高场磁共振大视野高信噪比射频线圈关键问题研究

High field magnetic resonance imaging technologies are confronted with the problems of low signal to noise ratio (SNR) and insufficient resolution in head and neck range imaging. The multi-channel RF coil with large field of view (FOV) and high SNR is the key to solve the above problems. There are some problems in fast analysis, large FOV and high SNR currently for multi-channel RF coil. In this study, the fast analysis method and performance evaluation for multi-channel RF coil, imaging reconstruction with large FOV and high SNR, decoupling of multi-channel RF coil will be investigated. Based on the preliminary studies, the fast simulation method and performance evaluation will be achieved by improving multilevel matrix decomposition method, which based on method of moment; the imaging with large FOV and high SNR will be obtained based on the theory of coupling among channels, and the coupling will be removed or decreased by combing noise covariance matrix in imaging reconstruction. In this study, a head-neck RF coil with more than 20 channels will be designed by simulation. The results of this study will greatly promote the high field magnetic resonance imaging technology in clinical application.

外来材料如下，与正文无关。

-- ===== src/Main.antt =====
-- src/main.cpp, in the build for Classic Mac OS: `main`, which starts the thread of `main_func`,
-- and that function, which lists a directory.
pub mod Listing
use power_boot.Prelude.{ℕ, zero, suc, Option, none, some, List, [], ◌∷◌, ◌++◌}
use power_boot.Prelude.Text.{Text, codes, c_str}
use power_boot.World.{World}
use power_boot.World.Calls.{main_thread}
use power_boot.Effects.{
  Env, Run, done, thrown, stopped, spinning, undefined, M, ◌>>=◌, ◌>>◌, skip, get, yield, printf,
  new_thread_of,
}
use power_boot.Transfer.{File, TransferProtocol}
use power_boot.Sftp.Protocol.{sftp_protocol}
use power_boot.Sftp.Session.{new_session}

module _ (env : Env) where
  -- `main` between the calls of the memory manager and `MacMain`.
  unfoldable pub main : M (Unit {0})
  main = do
    new_thread_of env main_thread
    w ← get
    elim (env.thread_error w) [
      | none ↦ skip
      | some err ↦ printf env (codes "Failed to create main thread: " ++ err)
    ]

  -- `try { m } catch …`: what the program throws itself is the exception of `at`, for which the
  -- second handler stands.
  unfoldable pub catching : M (Unit {0}) → M (Unit {0})
  catching m w = elim (m w) [
    | done a w' ↦ done a w'
    | thrown w' ↦ printf env (codes "Unhandled Exception: " ++ env.out_of_range ++ codes "\n") w'
    | stopped w' ↦ stopped w'
    | spinning w' ↦ spinning w'
    | undefined w' ↦ undefined w'
  ]

  -- The body of the `for`. The size has 64 bits and is printed by `%ld`, which reads 32 of them
  -- where `long` has 32 bits, so that `%s` takes the rest for a pointer: what the C library then
  -- writes, if anything, is `size_line`.
  unfoldable pub show_file : TransferProtocol → File → M (Unit {0})
  show_file sftp file = do
    attr ← sftp.stat file.buffer
    yield env
    elim attr [
      | none ↦ printf env (c_str file.buffer ++ codes "\n")
      | some a ↦ (elim (env.size_line a.filesize (c_str file.buffer)) [
        | none ↦ undefined
        | some line ↦ printf env line
      ])
    ]
    yield env

  -- The `for` over the entries, from the one at hand.
  unfoldable pub list_loop : ℕ → TransferProtocol → ℕ → Option File → M (Unit {0})
  list_loop zero sftp dir file = spinning
  list_loop (suc fuel) sftp dir file = elim file [
    | none ↦ skip
    | some f ↦ (do show_file sftp f; next ← sftp.dirs.next dir; list_loop fuel sftp dir next)
  ]

  -- The `try` block behind `new SFTP()`, on any protocol.
  unfoldable pub list_directory : ℕ → TransferProtocol → M (Unit {0})
  list_directory fuel sftp = do
    yield env
    yield env
    sftp.connect
    yield env
    dir ← sftp.opendir (codes ".")
    yield env
    file ← sftp.dirs.next dir
    yield env
    list_loop fuel sftp dir file
    sftp.dirs.close dir
    yield env

  -- The `try` block. The options are handed on to `read_thread`, in the other thread.
  unfoldable pub list_home : ℕ → M (Unit {0})
  list_home fuel = do new_session env; list_directory fuel (sftp_protocol env fuel)

  unfoldable pub main_func : ℕ → M (Unit {0})
  main_func fuel = do
    printf env (codes "Starting PowerBoot...\n")
    yield env
    catching (list_home fuel)
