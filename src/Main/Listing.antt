-- ===== src/Main/Listing.antt =====
-- `main_func` and the exceptions of its `try` block.
use power_boot.Prelude.Text.{Text}
use power_boot.World.{World}
use power_boot.Effects.{Run, thrown}

-- No exception leaves the code.
abbrev pub NotThrown : {A : Type 0} → Run A → Type 0
NotThrown (thrown w) = ⊥
NotThrown _ = Unit
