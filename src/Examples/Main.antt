-- ===== src/Examples/Main.antt =====
-- `main_func` where libssh2 is busy.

高场磁共振成像技术在头颈部大视野检查范围成像面临信噪比低和分辨率不足的问题。采用具有大视野高信噪比多通道射频线圈是解决上述问题的关键。目前多通道射频线圈在快速分析、大视野高信噪比成像方面存在不足。本课题主要研究多通道射频线圈快速分析和性能评估方法、大视野和高信噪比图像重建以及多通道射频线圈去耦问题。在前期工作基础上，通过改进基于矩量法的多层矩阵分解算法来实现多通道射频线圈的快速仿真分析和性能评估；基于多通道线圈耦合理论，实现大视野成像方法和高信噪比图像重建；利用噪声耦合矩阵，实现多通道线圈的解耦；通过仿真设计，研制不少于20通道的头颈一体化线圈。本项目研究结果将大大促进高场磁共振成像技术的临床应用。

首先基于惠更斯等效面源和妈妈/ FDTD建立磁共振多通道射频线圈模型的快速分析方法和设计平台，服务于射频线圈设计，性能评估和结构优化;次年开发并设计出20通道（8通道颈动脉线圈和12通道头部线圈）大FOV射频线圈，完善射频线圈去耦合方法，并为多通道线圈实现高分辨大FOV成像提供基础和技术支撑;于2017年更进一步设计并实现32通道（8通道颈动脉线圈和24通道头部线圈）高信噪比大FOV射频线圈，实现头颈动脉血管壁高分辨成像，采集大量临床数据，为实现临床医学转化提供基础数据。